++++ Data in this exercise ++++
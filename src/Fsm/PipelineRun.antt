-- ===== src/Fsm/PipelineRun.antt =====
-- The run machine of pipeline_run_fsm.go: its table against the diagram in its comment.
use shipinator.Common.{◌≡◌, refl, ◌⊎◌, ◌↔◌, inl, inr, true, none, some, arith, string_eq, ◌∙◌, sym}
use shipinator.Errors.{Error, is_sentinel}
use shipinator.Fsm.{
  PipelineRunState, state_pending, state_running, state_success, state_failed, state_canceled,
  run_validate_transition, run_is_terminal,
}
use shipinator.Fsm.Stage.{running≢pending, failed≢running}

-- The arrows of the diagram, and those from `pending` that the comment adds to it.
pub data RunEdge (s t : PipelineRunState) : Type 0 where
  start : s ≡ state_pending → t ≡ state_running → RunEdge s t
  succeed : s ≡ state_running → t ≡ state_success → RunEdge s t
  fail : s ≡ state_running → t ≡ state_failed → RunEdge s t
  cancel : s ≡ state_running → t ≡ state_canceled → RunEdge s t
  fail_early : s ≡ state_pending → t ≡ state_failed → RunEdge s t
  cancel_early : s ≡ state_pending → t ≡ state_canceled → RunEdge s t

run_sound :
    (s t : PipelineRunState)
    → run_validate_transition s t ≡ none
    → (s ≡ t)
      ⊎ ((s ≡ state_pending) × ((t ≡ state_running) ⊎ ((t ≡ state_failed) ⊎ (t ≡ state_canceled)))
          ⊎ (s ≡ state_running)
            × ((t ≡ state_success) ⊎ ((t ≡ state_failed) ⊎ (t ≡ state_canceled))))
unfolding run_validate_transition
run_sound s t h = ground arith

run_refl : (s : PipelineRunState) → run_validate_transition s s ≡ none
unfolding run_validate_transition
run_refl s = ground arith

run_edges :
    (run_validate_transition state_pending state_running ≡ none)
    × (run_validate_transition state_running state_success ≡ none)
    × (run_validate_transition state_running state_failed ≡ none)
    × (run_validate_transition state_running state_canceled ≡ none)
    × (run_validate_transition state_pending state_failed ≡ none)
    × (run_validate_transition state_pending state_canceled ≡ none)
unfolding run_validate_transition string_eq
run_edges = (refl, refl, refl, refl, refl, refl)

run_complete : (s t : PipelineRunState) → RunEdge s t → run_validate_transition s t ≡ none
run_complete s t (RunEdge.start p q) = rw (p, q) run_edges.0
run_complete s t (RunEdge.succeed p q) = rw (p, q) run_edges.1
run_complete s t (RunEdge.fail p q) = rw (p, q) run_edges.2
run_complete s t (RunEdge.cancel p q) = rw (p, q) run_edges.3
run_complete s t (RunEdge.fail_early p q) = rw (p, q) run_edges.4
run_complete s t (RunEdge.cancel_early p q) = rw (p, q) run_edges.5

-- For all strings `s` and `t`: `ValidateTransition` returns nil exactly when `s` and `t` are the
-- same or the documented diagram has an arrow from `s` to `t`.
pub run_validate_transition_iff :
    (s t : PipelineRunState) → (run_validate_transition s t ≡ none) ↔ ((s ≡ t) ⊎ RunEdge s t)
run_validate_transition_iff s t = (
  λ h. elim (run_sound s t h) [
    | inl e ↦ inl e
    | inr (inl (p, inl q)) ↦ inr (RunEdge.start p q)
    | inr (inl (p, inr (inl q))) ↦ inr (RunEdge.fail_early p q)
    | inr (inl (p, inr (inr q))) ↦ inr (RunEdge.cancel_early p q)
    | inr (inr (p, inl q)) ↦ inr (RunEdge.succeed p q)
    | inr (inr (p, inr (inl q))) ↦ inr (RunEdge.fail p q)
    | inr (inr (p, inr (inr q))) ↦ inr (RunEdge.cancel p q)
  ],
  elim [ inl e ↦ rw e (run_refl t) | inr e ↦ run_complete s t e ],
)

-- Every refusal of `ValidateTransition` is an `ErrInvalidTransition` in the sense of `errors.Is`.
run_refusal-IsInvalidTransition :
    (s t : PipelineRunState) {e : Error}
    → run_validate_transition s t ≡ some e
    → is_sentinel "invalid state transition" e ≡ true
unfolding run_validate_transition is_sentinel
run_refusal-IsInvalidTransition s t h = ground arith

run_terminal_cases :
    (s : PipelineRunState)
    → run_is_terminal s ≡ true
    → (s ≡ state_success) ⊎ ((s ≡ state_failed) ⊎ (s ≡ state_canceled))
unfolding run_is_terminal
run_terminal_cases s h = ground arith

run_dead_ends :
    (t : PipelineRunState)
    → ((run_validate_transition state_success t ≡ none) → t ≡ state_success)
      × ((run_validate_transition state_failed t ≡ none) → t ≡ state_failed)
      × ((run_validate_transition state_canceled t ≡ none) → t ≡ state_canceled)
unfolding run_validate_transition string_eq
run_dead_ends t = (λ h. ground arith, λ h. ground arith, λ h. ground arith)

-- The five constants of the type.
pub data IsRunState (s : PipelineRunState) : Type 0 where
  pending : s ≡ state_pending → IsRunState s
  running : s ≡ state_running → IsRunState s
  success : s ≡ state_success → IsRunState s
  failed : s ≡ state_failed → IsRunState s
  canceled : s ≡ state_canceled → IsRunState s

run_terminal_absorbs :
    (s t : PipelineRunState) → run_is_terminal s ≡ true → run_validate_transition s t ≡ none → t ≡ s
run_terminal_absorbs s t h v = elim (run_terminal_cases s h) [
  | inl e ↦ (run_dead_ends t).0 (rw e at v) ∙ sym e
  | inr (inl e) ↦ (run_dead_ends t).1 (rw e at v) ∙ sym e
  | inr (inr e) ↦ (run_dead_ends t).2 (rw e at v) ∙ sym e
]

run_terminals :
    (run_is_terminal state_success ≡ true)
    × (run_is_terminal state_failed ≡ true)
    × (run_is_terminal state_canceled ≡ true)
unfolding run_is_terminal string_eq
run_terminals = (refl, refl, refl)

run_stuck-is_terminal :
    (s : PipelineRunState)
    → IsRunState s
    → ((t : PipelineRunState) → run_validate_transition s t ≡ none → t ≡ s)
    → run_is_terminal s ≡ true
run_stuck-is_terminal s (IsRunState.pending e) h =
    absurd (running≢pending (h state_running (rw e run_edges.0) ∙ e))
run_stuck-is_terminal s (IsRunState.running e) h =
    absurd (failed≢running (h state_failed (rw e run_edges.2) ∙ e))
run_stuck-is_terminal s (IsRunState.success e) h = rw e run_terminals.0
run_stuck-is_terminal s (IsRunState.failed e) h = rw e run_terminals.1
run_stuck-is_terminal s (IsRunState.canceled e) h = rw e run_terminals.2

-- One of the five run states is reported terminal exactly when `ValidateTransition` permits no
-- transition from it to any other string.
run_is_terminal_iff :
    (s : PipelineRunState)
    → IsRunState s
    → (run_is_terminal s ≡ true)
      ↔ ((t : PipelineRunState) → run_validate_transition s t ≡ none → t ≡ s)
run_is_terminal_iff s d = (λ h t v. run_terminal_absorbs s t h v, run_stuck-is_terminal s d)
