-- ===== src/Fsm/Paths.antt =====
-- Sequences of status updates that a machine permits.
use shipinator.Common.{
  ℕ, ◌+◌, ◌≤◌, ◌≡◌, refl, inl, inr, String, List, [], ◌∷◌, Option, none, arith, ◌==◌, string_eq,
  if◌then◌else◌,
}
use shipinator.Errors.{Error}
use shipinator.Fsm.{
  state_pending, state_running, stage_validate_transition, run_validate_transition,
}
use shipinator.Fsm.Stage.{StageEdge, stage_validate_transition_iff}
use shipinator.Fsm.PipelineRun.{RunEdge, run_validate_transition_iff}

-- Each status of the list is a permitted transition from the one before it, from `s` on.
abbrev pub Follows : (String → String → Option Error) → String → List String → Type 0
Follows validate s [] = Unit {0}
Follows validate s (t ∷ ts) = (validate s t ≡ none) × Follows validate t ts

-- How often the status really changes; a repeated status is the idempotent no-op.
pub changes : String → List String → ℕ
changes s [] = 0
changes s (t ∷ ts) = (if s == t then 0 else 1) + changes t ts

-- How many changes a state has before it.
rank : String → ℕ
rank s = if s == state_pending then 2 else if s == state_running then 1 else 0

rank_same : (s t : String) → s ≡ t → (if s == t then 0 else 1) + rank t ≤ rank s
rank_same s t e = ground arith

rank_stage :
    (s t : String)
    → stage_validate_transition s t ≡ none
    → (if s == t then 0 else 1) + rank t ≤ rank s
unfolding rank string_eq
rank_stage s t h = elim ((stage_validate_transition_iff s t).0 h) [
  | inl e ↦ rank_same s t e
  | inr (StageEdge.start p q) ↦ rw (p, q) (omega arith)
  | inr (StageEdge.succeed p q) ↦ rw (p, q) (omega arith)
  | inr (StageEdge.fail p q) ↦ rw (p, q) (omega arith)
]

rank_run :
    (s t : String)
    → run_validate_transition s t ≡ none
    → (if s == t then 0 else 1) + rank t ≤ rank s
unfolding rank string_eq
rank_run s t h = elim ((run_validate_transition_iff s t).0 h) [
  | inl e ↦ rank_same s t e
  | inr (RunEdge.start p q) ↦ rw (p, q) (omega arith)
  | inr (RunEdge.succeed p q) ↦ rw (p, q) (omega arith)
  | inr (RunEdge.fail p q) ↦ rw (p, q) (omega arith)
  | inr (RunEdge.cancel p q) ↦ rw (p, q) (omega arith)
  | inr (RunEdge.fail_early p q) ↦ rw (p, q) (omega arith)
  | inr (RunEdge.cancel_early p q) ↦ rw (p, q) (omega arith)
]

changes-le-rank :
    (validate : String → String → Option Error)
    → ((s t : String) → validate s t ≡ none → (if s == t then 0 else 1) + rank t ≤ rank s)
    → (s : String) (ts : List String) → Follows validate s ts
    → changes s ts ≤ rank s
unfolding changes
changes-le-rank validate step s [] h = omega arith
changes-le-rank validate step s (t ∷ ts) (v, h) =
    omega (arith, step s t v, changes-le-rank validate step t ts h)

rank_pending : rank state_pending ≡ 2
unfolding rank string_eq
rank_pending = refl

-- Any sequence of stage statuses from `pending` on, each permitted by `ValidateTransition` after
-- the one before it, changes the status at most twice.
pub stage-changes-le_two :
    (ts : List String)
    → Follows stage_validate_transition state_pending ts
    → changes state_pending ts ≤ 2
stage-changes-le_two ts h =
    rw rank_pending at (changes-le-rank stage_validate_transition rank_stage state_pending ts h)

-- Any sequence of run statuses from `pending` on, each permitted by `ValidateTransition` after
-- the one before it, changes the status at most twice.
run-changes-le_two :
    (ts : List String)
    → Follows run_validate_transition state_pending ts
    → changes state_pending ts ≤ 2
run-changes-le_two ts h =
    rw rank_pending at (changes-le-rank run_validate_transition rank_run state_pending ts h)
++++
= What this task involves =
In the records above, find each line that mentions the string "elim", then copy it.

= Problem solution =
  λ h. elim (run_sound s t h) [
  elim [ inl e ↦ rw e (run_refl t) | inr e ↦ run_complete s t e ],
run_terminal_absorbs s t h v = elim (run_terminal_cases s h) [
rank_stage s t h = elim ((stage_validate_transition_iff s t).0 h) [
rank_run s t h = elim ((run_validate_transition_iff s t).0 h) [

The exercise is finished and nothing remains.